> **Data to use**
▼▼▼

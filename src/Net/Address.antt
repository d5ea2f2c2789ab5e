-- ===== src/Net/Address.antt =====
-- netAddress.h and netAddress.cpp. An address is a `sockaddr_in`, its port in network order. What
-- `inet_pton` and `inet_ntop` answer is an argument.
pub mod HostPort
use tcp_net_library.Base.{
  ℕ, ◌+◌, ◌-◌, ◌*◌, ◌/◌, ◌%◌, ◌^◌, List, ◌∷◌, ◌++◌, Option, none, some, ltb, if◌then◌else◌, decimal,
  snprintf,
}

pub record NetAddress : Type 0 where
  pub sin_family : ℕ
  pub s_addr : ℕ
  pub sin_port : ℕ

abbrev pub af_inet : ℕ
af_inet = 2

-- `htons` and `ntohs`, which swap the two bytes.
abbrev pub swap16 : ℕ → ℕ
swap16 p = (p % 256) * 256 + p / 256

-- `NetAddress(port)`, with `INADDR_ANY`
abbrev pub any_address : ℕ → NetAddress
any_address port = record { sin_family = af_inet; s_addr = 0; sin_port = swap16 port }

-- A text that `inet_pton` refuses leaves the zeros, after an error in the log.
abbrev pub or_zero : Option ℕ → ℕ
or_zero none = 0
or_zero (some a) = a

-- `NetAddress(ip, port)`
abbrev pub address_of : Option ℕ → ℕ → NetAddress
address_of parsed port = record {
  sin_family = af_inet;
  s_addr = or_zero parsed;
  sin_port = swap16 port;
}

abbrev pub get_sock_addr : NetAddress → NetAddress
get_sock_addr a = a

abbrev pub set_sock_addr : NetAddress → NetAddress → NetAddress
set_sock_addr a addr = addr

-- A `short` that is passed for `%u`: the sign is extended to 32 bits.
abbrev pub short_as_unsigned : ℕ → ℕ
short_as_unsigned p = if ltb p (2 ^ 15) then p else p + (2 ^ 32 - 2 ^ 16)

-- `toHostPort`; `host` is the text of `inet_ntop`. The size that `snprintf` is given is that of the
-- array of the host, `INET_ADDRSTRLEN`.
abbrev pub inet_addrstrlen : ℕ
inet_addrstrlen = 16

unfoldable pub to_host_port : List ℕ → NetAddress → List ℕ
to_host_port host a =
    snprintf inet_addrstrlen (host ++ 58 ∷ decimal (short_as_unsigned (swap16 a.sin_port)))
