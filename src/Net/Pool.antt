-- ===== src/Net/Pool.antt =====
-- eventLoopThreadPool.h and eventLoopThreadPool.cpp: the loops that new connections go to, in turn.
-- A loop is a number; `start_loop` says which loop the i-th new thread runs.
pub mod Rotation
use tcp_net_library.Base.{
  ℕ, zero, suc, ◌+◌, Bool, true, false, not, List, [], ◌∷◌, ◌++◌, Option, none, some, length,
  get_elem?, leb, if◌then◌else◌, Result, ok, fault, assert, ◌>>=◌, ◌>>◌,
}
use tcp_net_library.Reactor.Poller.{assert_in_loop, or_fault}

pub record Pool : Type 0 where
  pub base_loop : ℕ
  pub thread : ℕ
  pub started : Bool
  pub num_threads : ℕ
  pub next : ℕ
  pub loops : List ℕ

abbrev pub new_pool : ℕ → ℕ → Pool
new_pool base_loop thread = record {
  base_loop = base_loop;
  thread = thread;
  started = false;
  num_threads = 0;
  next = 0;
  loops = [];
}

abbrev pub set_thread_num : Pool → ℕ → Pool
set_thread_num w n = record w { num_threads = n }

-- The loop that starts the threads from the i-th on, `n` of them.
unfoldable pub start_loops : (ℕ → ℕ) → ℕ → ℕ → List ℕ → List ℕ
start_loops start_loop i zero loops = loops
start_loops start_loop i (suc n) loops =
    start_loops start_loop (i + 1) n (loops ++ start_loop i ∷ [])

unfoldable pub start : ℕ → (ℕ → ℕ) → Pool → Result Pool
start caller start_loop w =
    assert (not w.started)
    >> (assert_in_loop w.thread caller
        >> ok (record w { started = true; loops = start_loops start_loop 0 w.num_threads w.loops }))

abbrev advance : Pool → Pool
advance w =
    let next = w.next + 1 in record w { next = if leb (length w.loops) next then 0 else next }

unfoldable pub choose : List ℕ → Pool → Result (ℕ × Pool)
choose [] w = ok (w.base_loop, w)
choose (l ∷ ls) w = or_fault (get_elem? (l ∷ ls) w.next) >>= λ loop. ok (loop, advance w)

unfoldable pub get_next_loop : ℕ → Pool → Result (ℕ × Pool)
get_next_loop caller w = assert_in_loop w.thread caller >> choose w.loops w
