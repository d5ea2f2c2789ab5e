-- ===== src/Net/Server.antt =====
-- tcpServer.h and tcpServer.cpp: the connections of a server, by name.
-- A connection is the number of its object; the objects' names and loops stand in `objects`.
pub mod Lifetime
pub mod Names
pub mod Session
pub mod Serving
use tcp_net_library.Base.{
  decimal, ℕ, ◌+◌, Bool, true, false, not, List, [], ◌∷◌, ◌++◌, take, ◌==◌, if◌then◌else◌, Result,
  ok, fault, ◌>>=◌, ◌>>◌,
}
use tcp_net_library.Http.Text.{codes, str_eq}
use tcp_net_library.Http.Map.{str_lt}
use tcp_net_library.Http.Response.{printed}
use tcp_net_library.Reactor.Poller.{assert_in_loop, update_at}
use tcp_net_library.Net.Address.{NetAddress, to_host_port}
use tcp_net_library.Net.Pool.{Pool, get_next_loop}
use tcp_net_library.Net.Pool as Pool

pub record Peer : Type 0 where
  pub name : List ℕ
  pub loop : ℕ

-- `std::map<std::string,TcpConnectionPtr>`
abbrev pub TcpConnectMap : Type 0
TcpConnectMap = List (List ℕ × ℕ)

-- `m[k] = v`
unfoldable pub assign : List ℕ → ℕ → TcpConnectMap → TcpConnectMap
assign k v [] = (k, v) ∷ []
assign k v ((j, w) ∷ m) =
    let rest = assign k v m in
    if str_eq j k then (k, v) ∷ m else if str_lt k j then (k, v) ∷ (j, w) ∷ m else (j, w) ∷ rest

-- `erase`, with the number of elements that went.
unfoldable pub erase : List ℕ → TcpConnectMap → TcpConnectMap × ℕ
erase k [] = ([], 0)
erase k ((j, w) ∷ m) =
    let rest = erase k m in if str_eq j k then (m, 1) else ((j, w) ∷ rest.0, rest.1)

pub record TcpServer : Type 0 where
  pub thread : ℕ
  pub name : List ℕ
  pub pool : Pool
  pub started : Bool
  pub listenning : Bool
  pub next_conn_id : ℕ
  pub connects : TcpConnectMap
  pub objects : ℕ → Peer

pub data Effect : Type 0 where
  runs_listen : Effect
  runs_established : ℕ → ℕ → Effect
  queues_destory : ℕ → ℕ → Effect
  queues_removal : ℕ → Effect

abbrev pub Step : Type 0
Step = Result (TcpServer × List Effect)

-- The constructor; the pool is made for the loop of the server.
abbrev pub new_server : ℕ → ℕ → List ℕ → NetAddress → TcpServer
new_server thread base_loop host addr = record {
  thread = thread;
  name = to_host_port host addr;
  pool = Pool.new_pool base_loop thread;
  started = false;
  listenning = false;
  next_conn_id = 1;
  connects = [];
  objects = λ p. record { name = []; loop = 0 };
}

abbrev pub set_thread_num : TcpServer → ℕ → TcpServer
set_thread_num w n = record w { pool = Pool.set_thread_num w.pool n }

unfoldable pub start_pool : ℕ → (ℕ → ℕ) → TcpServer → Result TcpServer
start_pool caller start_loop w =
    if w.started
    then ok w
    else (Pool.start caller start_loop w.pool >>= λ pool.
        ok (record w { started = true; pool = pool }))

-- `start`; the acceptor is asked to listen, in the loop, where it does not yet.
unfoldable pub start : ℕ → (ℕ → ℕ) → TcpServer → Step
start caller start_loop w =
    start_pool caller start_loop w >>= λ w'. ok (w', if w'.listenning then [] else runs_listen ∷ [])

-- The name of the next connection; `snprintf` writes into 32 bytes.
abbrev pub conn_name : TcpServer → List ℕ
conn_name w = w.name ++ printed (codes "#" ++ decimal w.next_conn_id)

-- A new connection is the object `p`.
unfoldable pub new_connection : ℕ → TcpServer → ℕ → Step
new_connection caller w p =
    assert_in_loop w.thread caller
    >> (get_next_loop caller w.pool >>= λ r. ok (
      record w {
        pool = r.1;
        next_conn_id = w.next_conn_id + 1;
        connects = assign (conn_name w) p w.connects;
        objects = update_at w.objects p (record { name = conn_name w; loop = r.0 });
      },
      runs_established r.0 p ∷ [],
    ))

unfoldable pub remove_connection_in_loop : ℕ → TcpServer → ℕ → Step
remove_connection_in_loop caller w p =
    let erased = erase (w.objects p).name w.connects in
    assert_in_loop w.thread caller
    >> (if erased.1 == 0
        then ok (record w { connects = erased.0 }, [])
        else ok (record w { connects = erased.0 }, queues_destory (w.objects p).loop p ∷ []))

-- From another thread the removal is queued.
unfoldable pub remove_connection : ℕ → TcpServer → ℕ → Step
remove_connection caller w p =
    if w.thread == caller
    then remove_connection_in_loop caller w p
    else ok (w, queues_removal p ∷ [])
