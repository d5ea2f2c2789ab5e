-- ===== src/Http/Server/Setup.antt =====
-- http/httpServer.cpp: the server before and at its start. Its connections have `on_message` for
-- their messages, and a callback that does nothing for their state.
use tcp_net_library.Base.{ℕ, List, Result, ok, ◌>>=◌}
use tcp_net_library.Http.Server.{HttpCallback, default_http_callback}
use tcp_net_library.Net.Address.{NetAddress}
use tcp_net_library.Net.Server.{TcpServer, Effect, new_server}
use tcp_net_library.Net.Server as Server

pub record HttpServer : Type 0 where
  pub server : TcpServer
  pub http_callback : HttpCallback

abbrev pub new_http_server : ℕ → ℕ → List ℕ → NetAddress → HttpServer
new_http_server thread base_loop host listen_addr = record {
  server = new_server thread base_loop host listen_addr;
  http_callback = default_http_callback;
}

abbrev pub set_http_callback : HttpServer → HttpCallback → HttpServer
set_http_callback w cb = record w { http_callback = cb }

abbrev pub set_server_threads : HttpServer → ℕ → HttpServer
set_server_threads w num_threads = record w { server = Server.set_thread_num w.server num_threads }

unfoldable pub start_http : ℕ → (ℕ → ℕ) → HttpServer → Result (HttpServer × List Effect)
start_http caller start_loop w =
    Server.start caller start_loop w.server >>= λ r. ok (record w { server = r.0 }, r.1)
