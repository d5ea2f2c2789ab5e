-- ===== src/Time.antt =====
-- timeStamp.h and timeStamp.cpp, and the delay of a timer of timerQueue.cpp.
-- A time is a number of microseconds since the epoch; it is not negative, and below 2^63.
pub mod Text
pub mod Delay
use tcp_net_library.Base.{
  ℕ, ◌+◌, ◌-◌, ◌*◌, ◌/◌, ◌%◌, Bool, List, [], ◌∷◌, ◌++◌, ltb, ◌==◌, if◌then◌else◌, decimal, padded,
  snprintf,
}

abbrev pub micro_seconds_per_second : ℕ
micro_seconds_per_second = 1000 * 1000

pub record TimeStamp : Type 0 where
  pub micro_seconds_since_epoch : ℕ

abbrev pub at_micro_seconds : ℕ → TimeStamp
at_micro_seconds n = record { micro_seconds_since_epoch = n }

-- `TimeStamp()` and `TimeStamp::invaild()`
abbrev pub invaild : TimeStamp
invaild = at_micro_seconds 0

-- What `gettimeofday` answers is an argument.
abbrev pub now : ℕ → ℕ → TimeStamp
now tv_sec tv_usec = at_micro_seconds (tv_sec * micro_seconds_per_second + tv_usec)

abbrev pub valid : TimeStamp → Bool
valid t = ltb 0 t.micro_seconds_since_epoch

-- `operator <` and `operator ==`
abbrev pub before : TimeStamp → TimeStamp → Bool
before lhs rhs = ltb lhs.micro_seconds_since_epoch rhs.micro_seconds_since_epoch

abbrev pub same_time : TimeStamp → TimeStamp → Bool
same_time lhs rhs = lhs.micro_seconds_since_epoch == rhs.micro_seconds_since_epoch

-- `addTime`; the number of microseconds is that of the product of doubles.
abbrev pub add_time : TimeStamp → ℕ → TimeStamp
add_time t delta = at_micro_seconds (t.micro_seconds_since_epoch + delta)

-- `"%" PRId64 ".%06" PRId64`, into 31 of 32 bytes.
unfoldable pub to_string : TimeStamp → List ℕ
to_string t =
    let seconds = t.micro_seconds_since_epoch / micro_seconds_per_second in
    let microseconds = t.micro_seconds_since_epoch % micro_seconds_per_second in
    snprintf (32 - 1) (decimal seconds ++ 46 ∷ padded 48 6 microseconds)

-- `struct tm`, with the year and the month as they are printed.
pub record Tm : Type 0 where
  pub year : ℕ
  pub mon : ℕ
  pub mday : ℕ
  pub hour : ℕ
  pub min : ℕ
  pub sec : ℕ

-- `"%4d%02d%02d %02d:%02d:%02d"`
abbrev pub date_text : Tm → List ℕ
date_text t =
    padded 32 4 t.year
    ++ (padded 48 2 t.mon
        ++ (padded 48 2 t.mday
            ++ 32 ∷ (padded 48 2 t.hour ++ 58 ∷ (padded 48 2 t.min ++ 58 ∷ padded 48 2 t.sec))))

-- What `gmtime_r` answers is an argument.
unfoldable pub to_formatted_string : TimeStamp → Tm → Bool → List ℕ
to_formatted_string t tm_time show_microseconds =
    if show_microseconds
    then snprintf 32 (
        date_text tm_time
        ++ 46 ∷ padded 48 6 (t.micro_seconds_since_epoch % micro_seconds_per_second))
    else snprintf 32 (date_text tm_time)

pub record TimeSpec : Type 0 where
  pub tv_sec : ℕ
  pub tv_nsec : ℕ

-- `howMuchTimeFromNow`; the difference may be negative in the source, and is then below 100.
unfoldable pub how_much_time_from_now : TimeStamp → TimeStamp → TimeSpec
how_much_time_from_now when present =
    let early = ltb when.micro_seconds_since_epoch (present.micro_seconds_since_epoch + 100) in
    let microseconds =
      if early then 100 else when.micro_seconds_since_epoch - present.micro_seconds_since_epoch in
    record {
      tv_sec = microseconds / micro_seconds_per_second;
      tv_nsec = (microseconds % micro_seconds_per_second) * 1000;
    }
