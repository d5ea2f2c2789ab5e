-- ===== src/Logging.antt =====
-- logging.h and logging.cpp: the level, the line that `record` writes, and the log file.
-- A line is built in an array of 1024 bytes; a pointer into it is an offset. The clock, the thread id
-- and what the calls of the file system answer are arguments, and the calls made are effects.
pub mod Search
pub mod Line
pub mod File
pub mod Rotation
pub mod Header
use tcp_net_library.Base.{
  ℕ, zero, suc, ◌+◌, ◌-◌, ◌*◌, ◌/◌, ◌%◌, min, Bool, true, false, not, ◌&&◌, ◌||◌, List, [], ◌∷◌,
  ◌++◌, Option, none, some, length, take, drop, replicate, get_elem?, ltb, leb, ◌==◌, if◌then◌else◌,
  ℤ, pos, negsuc, Result, ok, fault, assert, out_of_bounds, ◌>>=◌, ◌>>◌, decimal, padded, snprintf,
}
use tcp_net_library.Http.Text.{codes}
use tcp_net_library.Buffer.{copy_to}
use tcp_net_library.Time.{Tm}

pub data LogLevel : Type 0 where
  trace debug info warn error fatal all : LogLevel

abbrev pub level_value : LogLevel → ℕ
level_value trace = 0
level_value debug = 1
level_value info = 2
level_value warn = 3
level_value error = 4
level_value fatal = 5
level_value all = 6

-- The text of `WARN` is spelled as in the source.
abbrev pub level_str : LogLevel → List ℕ
level_str trace = codes "TRACE"
level_str debug = codes "DEBUG"
level_str info = codes "INFO"
level_str warn = codes "WRAN"
level_str error = codes "ERROR"
level_str fatal = codes "FATAL"
level_str all = codes "ALL"

pub record Logger : Type 0 where
  pub level : LogLevel
  pub fd : ℤ
  pub rotate_interval : ℕ
  pub last_rotate : ℕ
  pub file_name : List ℕ

abbrev pub new_logger : ℕ → Logger
new_logger time = record {
  level = trace;
  fd = negsuc 0;
  rotate_interval = 86400;
  last_rotate = time;
  file_name = [];
}

-- `std::min(level, ALL)`; no level is above `ALL`.
abbrev pub set_log_level : Logger → LogLevel → Logger
set_log_level w level = record w { level = level }

abbrev pub set_rotate_interval : Logger → ℕ → Logger
set_rotate_interval w interval = record w { rotate_interval = interval }

-- The test of the macro `hlog`.
abbrev pub is_logged : Logger → LogLevel → Bool
is_logged w level = leb (level_value w.level) (level_value level)

-- `%lx`; sixteen digits hold every 64-bit word.
abbrev pub hex_digit : ℕ → ℕ
hex_digit d = if ltb d 10 then 48 + d else 87 + d

unfoldable pub hex_from : ℕ → ℕ → List ℕ → List ℕ
hex_from zero n acc = acc
hex_from (suc f) n acc =
    let more = hex_from f (n / 16) (hex_digit (n % 16) ∷ acc) in
    if ltb n 16 then hex_digit n ∷ acc else more

abbrev pub concat : List (List ℕ) → List ℕ
concat [] = []
concat (xs ∷ xss) = xs ++ concat xss

-- The start of a line: the date, the time, the thread, the level and the place in the source.
abbrev pub start_pieces : Tm → ℕ → ℕ → LogLevel → List ℕ → ℕ → List (List ℕ)
start_pieces t usec tid level file line =
    padded 48 4 t.year
    ∷ codes "/"
    ∷ padded 48 2 t.mon
    ∷ codes "/"
    ∷ padded 48 2 t.mday
    ∷ codes "-"
    ∷ padded 48 2 t.hour
    ∷ codes ":"
    ∷ padded 48 2 t.min
    ∷ codes ":"
    ∷ padded 48 2 t.sec
    ∷ codes ":"
    ∷ padded 48 6 usec
    ∷ codes " "
    ∷ hex_from 16 tid []
    ∷ codes " "
    ∷ level_str level
    ∷ codes " "
    ∷ file
    ∷ codes ":"
    ∷ decimal line
    ∷ codes "  "
    ∷ []

unfoldable pub header : Tm → ℕ → ℕ → LogLevel → List ℕ → ℕ → List ℕ
header t usec tid level file line = concat (start_pieces t usec tid level file line)

-- `sizeof(buf)`
abbrev pub buf_size : ℕ
buf_size = 1024

-- `snprintf(pb, pe - pb, ...)`; an offset past the end makes the size wrap.
unfoldable pub print_at : List ℕ → ℕ → List ℕ → Result (List ℕ)
print_at buf pb text =
    if ltb buf_size pb
    then fault out_of_bounds
    else if pb == buf_size
    then ok buf
    else copy_to (snprintf (buf_size - pb) text ++ 0 ∷ []) pb buf

-- The byte at `pb` stops the search, unless it is a newline.
abbrev pub stop_at : Option ℕ → ℕ → Result ℕ → Result ℕ
stop_at none pb rest = fault out_of_bounds
stop_at (some c) pb rest = if c == 10 then rest else ok pb

-- `while(*--pb == '\n')`
unfoldable pub back_up : List ℕ → ℕ → Result ℕ
back_up buf zero = fault out_of_bounds
back_up buf (suc pb) = stop_at (get_elem? buf pb) pb (back_up buf pb)

-- The bytes that `record` writes; `stale` is what the array holds at first.
unfoldable pub record_line : List ℕ → List ℕ → List ℕ → Result (List ℕ)
record_line stale head message = do
  b1 ← print_at stale 0 head
  b2 ← print_at b1 (length head) message
  pb ← back_up b2 (min (length head + length message) (buf_size - 2))
  b3 ← copy_to (10 ∷ []) (pb + 1) b2
  b4 ← copy_to (0 ∷ []) (pb + 2) b3
  ok (take (pb + 2) b4)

▲▲▲

> **The problem**
Reproduce exactly the lines from the one containing "header t usec" through the last line of the records above, including both, and nothing else.

> **Exercise output**
header t usec tid level file line = concat (start_pieces t usec tid level file line)

-- `sizeof(buf)`
abbrev pub buf_size : ℕ
buf_size = 1024

-- `snprintf(pb, pe - pb, ...)`; an offset past the end makes the size wrap.
unfoldable pub print_at : List ℕ → ℕ → List ℕ → Result (List ℕ)
print_at buf pb text =
    if ltb buf_size pb
    then fault out_of_bounds
    else if pb == buf_size
    then ok buf
    else copy_to (snprintf (buf_size - pb) text ++ 0 ∷ []) pb buf

-- The byte at `pb` stops the search, unless it is a newline.
abbrev pub stop_at : Option ℕ → ℕ → Result ℕ → Result ℕ
stop_at none pb rest = fault out_of_bounds
stop_at (some c) pb rest = if c == 10 then rest else ok pb

-- `while(*--pb == '\n')`
unfoldable pub back_up : List ℕ → ℕ → Result ℕ
back_up buf zero = fault out_of_bounds
back_up buf (suc pb) = stop_at (get_elem? buf pb) pb (back_up buf pb)

-- The bytes that `record` writes; `stale` is what the array holds at first.
unfoldable pub record_line : List ℕ → List ℕ → List ℕ → Result (List ℕ)
record_line stale head message = do
  b1 ← print_at stale 0 head
  b2 ← print_at b1 (length head) message
  pb ← back_up b2 (min (length head + length message) (buf_size - 2))
  b3 ← copy_to (10 ∷ []) (pb + 1) b2
  b4 ← copy_to (0 ∷ []) (pb + 2) b3
  ok (take (pb + 2) b4)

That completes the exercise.